-- ===== src/Paging/Indexes.antt =====
-- Where a virtual address is looked up.
use koko_os.Prelude.{ℕ, ◌+◌, ◌*◌, ◌/◌, ◌%◌, ◌^◌, ◌<◌, ◌≡◌, ◌≢◌, refl, true, false, arith}
use koko_os.Paging.{ok, memory_not_aligned, page_entries, page_size, is_aligned, get_indexes}

pub aligned-is_aligned : (a : ℕ) → a % page_size ≡ 0 → is_aligned a ≡ true
unfolding is_aligned
aligned-is_aligned a h = ground arith

pub unaligned-is_aligned : (a : ℕ) → a % page_size ≢ 0 → is_aligned a ≡ false
unfolding is_aligned
unaligned-is_aligned a h = ground arith

pub get_indexes-aligned :
    (v : ℕ)
    → v % page_size ≡ 0
    → get_indexes v ≡ record {
      error_code = ok;
      table_index = v % (page_entries * page_size) / page_size;
      directory_index = v / (page_entries * page_size);
    }
unfolding get_indexes
get_indexes-aligned v h = rw (aligned-is_aligned v h)

-- For a page of the 32-bit address space both indexes lie in their tables, and give the address back.
pub get_indexes_lem :
    (v : ℕ)
    → v < 2 ^ 32
    → v % page_size ≡ 0
    → ((get_indexes v).error_code ≡ ok)
      × ((get_indexes v).directory_index < page_entries)
      × ((get_indexes v).table_index < page_entries)
      × ((get_indexes v).directory_index * (page_entries * page_size)
            + (get_indexes v).table_index * page_size
          ≡ v)
get_indexes_lem v h a = rw (get_indexes-aligned v a) (refl, omega arith, omega arith, omega arith)

-- Any other address has the status of an unaligned one.
pub get_indexes-memory_not_aligned :
    (v : ℕ) → v % page_size ≢ 0 → (get_indexes v).error_code ≡ memory_not_aligned
unfolding get_indexes
get_indexes-memory_not_aligned v h = rw (unaligned-is_aligned v h)
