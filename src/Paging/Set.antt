-- ===== src/Paging/Set.antt =====
-- `paging_set` against the two-level lookup of a page in the page tables.
use koko_os.Prelude.{ℕ, ◌+◌, ◌*◌, ◌/◌, ◌%◌, ◌^◌, ◌≡◌, ◌≢◌}
use koko_os.Ram.{Ram, load32}
use koko_os.Paging.{memory_not_aligned, page_size, set}
use koko_os.Paging.Indexes.{unaligned-is_aligned}

-- The table of a page: the directory entry without its low twelve bits. The bits for a present
-- table and for a page of 4 MB are not looked at: this is where the processor looks for an entry that
-- has the one and not the other.
unfoldable pub table_of : Ram → (directory v : ℕ) → ℕ
table_of ram directory v = load32 ram (directory + 4 * (v / 2 ^ 22)) / 4096 * 4096

-- The address of the page's own entry, and the entry.
unfoldable pub entry_address : Ram → (directory v : ℕ) → ℕ
entry_address ram directory v = table_of ram directory v + 4 * (v % 2 ^ 22 / 4096)

pub walk : Ram → (directory v : ℕ) → ℕ
walk ram directory v = load32 ram (entry_address ram directory v)

-- An address inside a page is refused, and nothing is written.
pub set-memory_not_aligned :
    (ram : Ram) (directory v flags : ℕ)
    → v % page_size ≢ 0
    → set ram directory v flags ≡ (memory_not_aligned, ram)
unfolding set
set-memory_not_aligned ram directory v flags h = rw (unaligned-is_aligned v h)
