-- ===== src/Paging/Tests.antt =====
-- A directory at 0x1000 whose first entry is a table at 0x2000.
use koko_os.Ram.{Ram, store32}

abbrev blank : Ram
blank = λ b. 0

abbrev paged : Ram
paged = store32 blank 0x1000 0x2007
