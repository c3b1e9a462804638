-- ===== src/Path/Valid.antt =====
-- `path_parser_is_path_valid` against the form of a path.
use koko_os.Prelude.{
  ℕ, zero, suc, ◌+◌, ◌≤◌, ◌<◌, ◌≡◌, ◌^◌, refl, ◌∙◌, sym, ap, ◌⊎◌, inl, inr, ◌↔◌, arith, Bool, true,
  false, ltb, done, List, [], ◌∷◌, length, ℤ, pos, negsuc, Bool-cases, get_or,
}
use koko_os.Ram.{Ram}
use koko_os.Text.{is_digit, str_slice, str_cmp}
use koko_os.Text.View.{IsText, AllBytes, IsText-congr}
use koko_os.Text.Strlen.{strlen-length}
use koko_os.Text.Copy.{str_slice_lem}
use koko_os.Text.Compare.{str_cmp-zero, cmp_with-flip}
use koko_os.Path.{is_path_valid, test_separator, is_equal, max_path_size}

-- `":/"`
abbrev pub separator : List ℕ
separator = 58 ∷ 47 ∷ []

-- A digit, a colon and a slash, and 256 bytes in all at most.
abbrev pub IsPath : (c d e : ℕ) → List ℕ → Type 0
IsPath c d e r =
    (length (c ∷ d ∷ e ∷ r) ≤ max_path_size) × (is_digit c ≡ true) × (d ≡ 58) × (e ≡ 47)

-- What the comparison of two bytes with the separator says.
abbrev Verdict : (d e : ℕ) → ℤ → Type 0
Verdict d e order =
    ((is_equal order ≡ true) × (d ≡ 58) × (e ≡ 47))
    ⊎ ((is_equal order ≡ false) × ¬ ((d ≡ 58) × (e ≡ 47)))

verdict :
    (ram : Ram) (slice literal d e : ℕ) (order : ℤ)
    → str_cmp ram slice literal ≡ done order
    → ((str_cmp ram slice literal ≡ done (pos 0)) ↔ ((d ∷ e ∷ []) ≡ separator))
    → Verdict d e order
unfolding is_equal
verdict ram slice literal d e (pos zero) run zero_just =
    let same = zero_just.0 run in
    inl (refl, ap (λ l. get_or l 0 0) same, ap (λ l. get_or l 1 0) same)
verdict ram slice literal d e (pos (suc n)) run zero_just =
    inr (refl, λ (p, q). differs n (sym run ∙ zero_just.1 (rw (p, q) refl)))
  where
    differs : (n : ℕ) → done (pos (suc n)) ≡ done (pos 0) → ⊥
    differs n h = cc
verdict ram slice literal d e (negsuc n) run zero_just =
    inr (refl, λ (p, q). differs n (sym run ∙ zero_just.1 (rw (p, q) refl)))
  where
    differs : (n : ℕ) → done (negsuc n) ≡ done (pos 0) → ⊥
    differs n h = cc

compared :
    (ram : Ram) (slice literal d e : ℕ)
    → IsText ram slice (d ∷ e ∷ [])
    → IsText ram literal separator
    → d < 256
    → e < 256
    → (order : ℤ) × (str_cmp ram slice literal ≡ done order) × Verdict d e order
unfolding str_cmp
compared ram slice literal d e t u hd he =
    let (order, run, back) =
      cmp_with-flip (λ c. c) ram slice literal (d ∷ e ∷ []) separator t u (omega arith)
        (omega arith) in
    (
      order,
      run,
      verdict ram slice literal d e order run (
          str_cmp-zero ram slice literal (d ∷ e ∷ []) separator t u (omega arith) (omega arith)
            (hd, (he, tt)) (omega arith, (omega arith, tt))),
    )

meaning_of :
    (c d e : ℕ) (r : List ℕ) (order : ℤ)
    → Verdict d e order
    → length (c ∷ d ∷ e ∷ r) ≤ max_path_size
    → is_digit c ≡ true
    → ((is_equal order ≡ true) × IsPath c d e r) ⊎ ((is_equal order ≡ false) × ¬ IsPath c d e r)
meaning_of c d e r order (inl (equal, colon, slash)) fits digit =
    inl (equal, (fits, digit, colon, slash))
meaning_of c d e r order (inr (differs, other)) fits digit =
    inr (differs, λ (f, g, colon, slash). other (colon, slash))

-- The answer of the test, and what it says of the path.
pub record Answered (ram : Ram) (path slice literal c d e : ℕ) (r : List ℕ) : Type 0 where
  pub answer : Bool
  pub ram' : Ram
  pub returns : is_path_valid ram path slice literal ≡ done (answer, ram')
  pub meaning : ((answer ≡ true) × IsPath c d e r) ⊎ ((answer ≡ false) × ¬ IsPath c d e r)
  pub kept : (b : ℕ) → (b < slice) ⊎ (slice + 2 < b) → ram' b ≡ ram b

module _ (ram : Ram) (path slice literal c d e : ℕ) (r : List ℕ)
    (t : IsText ram path (c ∷ d ∷ e ∷ r)) (short : length (c ∷ d ∷ e ∷ r) < 2 ^ 16) where
  too_long :
      ltb max_path_size (length (c ∷ d ∷ e ∷ r)) ≡ true
      → is_path_valid ram path slice literal ≡ done (false, ram)
  unfolding is_path_valid
  too_long h = rw (strlen-length ram path (c ∷ d ∷ e ∷ r) t short, h)

  no_drive :
      ltb max_path_size (length (c ∷ d ∷ e ∷ r)) ≡ false
      → is_digit (ram (path + 0)) ≡ false
      → is_path_valid ram path slice literal ≡ done (false, ram)
  unfolding is_path_valid
  no_drive h g = rw (strlen-length ram path (c ∷ d ∷ e ∷ r) t short, h, g)

  judged :
      (ram' : Ram) (order : ℤ)
      → ltb max_path_size (length (c ∷ d ∷ e ∷ r)) ≡ false
      → is_digit (ram (path + 0)) ≡ true
      → str_slice ram slice path 1 2 ≡ done ram'
      → str_cmp ram' slice literal ≡ done order
      → is_path_valid ram path slice literal ≡ done (is_equal order, ram')
  unfolding is_path_valid test_separator
  judged ram' order h g sliced run =
      rw (strlen-length ram path (c ∷ d ∷ e ∷ r) t short, h, g, sliced, run)

  first_byte : is_digit (ram (path + 0)) ≡ is_digit c
  first_byte = ap is_digit (ap ram (omega arith) ∙ t.0)

  separated :
      ltb max_path_size (length (c ∷ d ∷ e ∷ r)) ≡ false
      → is_digit (ram (path + 0)) ≡ true
      → AllBytes (c ∷ d ∷ e ∷ r)
      → IsText ram literal separator
      → (slice + 2 < literal) ⊎ (literal + 2 < slice)
      → (slice ≤ path + 1) ⊎ (path + 2 < slice)
      → Answered ram path slice literal c d e r
  separated fits digit bytes u away apart =
      let (ram', sliced, copied, end, kept) =
        str_slice_lem ram slice path 1 2 (omega arith) (omega arith) apart in
      let text : IsText ram' slice (d ∷ e ∷ []) = (
        ap ram' (omega arith) ∙ copied 0 (omega arith) ∙ ap ram (omega arith) ∙ t.2.0,
        t.2.1,
        (
          copied 1 (omega arith) ∙ ap ram (omega arith) ∙ t.2.2.0,
          t.2.2.1,
          ap ram' (omega arith) ∙ end,
        ),
      ) in
      let literal' : IsText ram' literal separator =
        IsText-congr ram ram' literal separator (λ b lo hi. kept b (omega arith)) u in
      let (order, run, says) =
        compared ram' slice literal d e text literal' bytes.1.0 bytes.1.1.0 in
      record {
        answer = is_equal order;
        ram' = ram';
        returns = judged ram' order fits digit sliced run;
        meaning = meaning_of c d e r order says (ground (arith, fits)) (sym first_byte ∙ digit);
        kept = λ b h. kept b (omega arith);
      }

  -- For a text of three bytes or more, below 65536, with the literal `":/"` in memory and a local
  -- buffer whose three bytes are apart from the text's third byte on the left and from the literal,
  -- the test returns, and answers true just if the text has 256 bytes at most and starts with a
  -- digit, a colon and a slash. It writes no byte outside the three.
  pub is_path_valid_lem :
      AllBytes (c ∷ d ∷ e ∷ r)
      → IsText ram literal separator
      → (slice + 2 < literal) ⊎ (literal + 2 < slice)
      → (slice ≤ path + 1) ⊎ (path + 2 < slice)
      → Answered ram path slice literal c d e r
  is_path_valid_lem bytes u away apart =
      elim (Bool-cases (ltb max_path_size (length (c ∷ d ∷ e ∷ r)))) [
        | inl long ↦ record {
          answer = false;
          ram' = ram;
          returns = too_long long;
          meaning = inr (refl, λ (fits, digit, colon, slash). ground arith);
          kept = λ b h. refl;
        }
        | inr fits ↦ elim (Bool-cases (is_digit (ram (path + 0)))) [
          | inr none_there ↦ record {
            answer = false;
            ram' = ram;
            returns = no_drive fits none_there;
            meaning = inr (refl, λ (some, digit, colon, slash). ground (arith, first_byte));
            kept = λ b h. refl;
          }
          | inl digit ↦ separated fits digit bytes u away apart
        ]
      ]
• • • •
> [What you are asked to do] Lines above with the word "three" should be counted, and the reply is that count alone.

> [Written solution] 3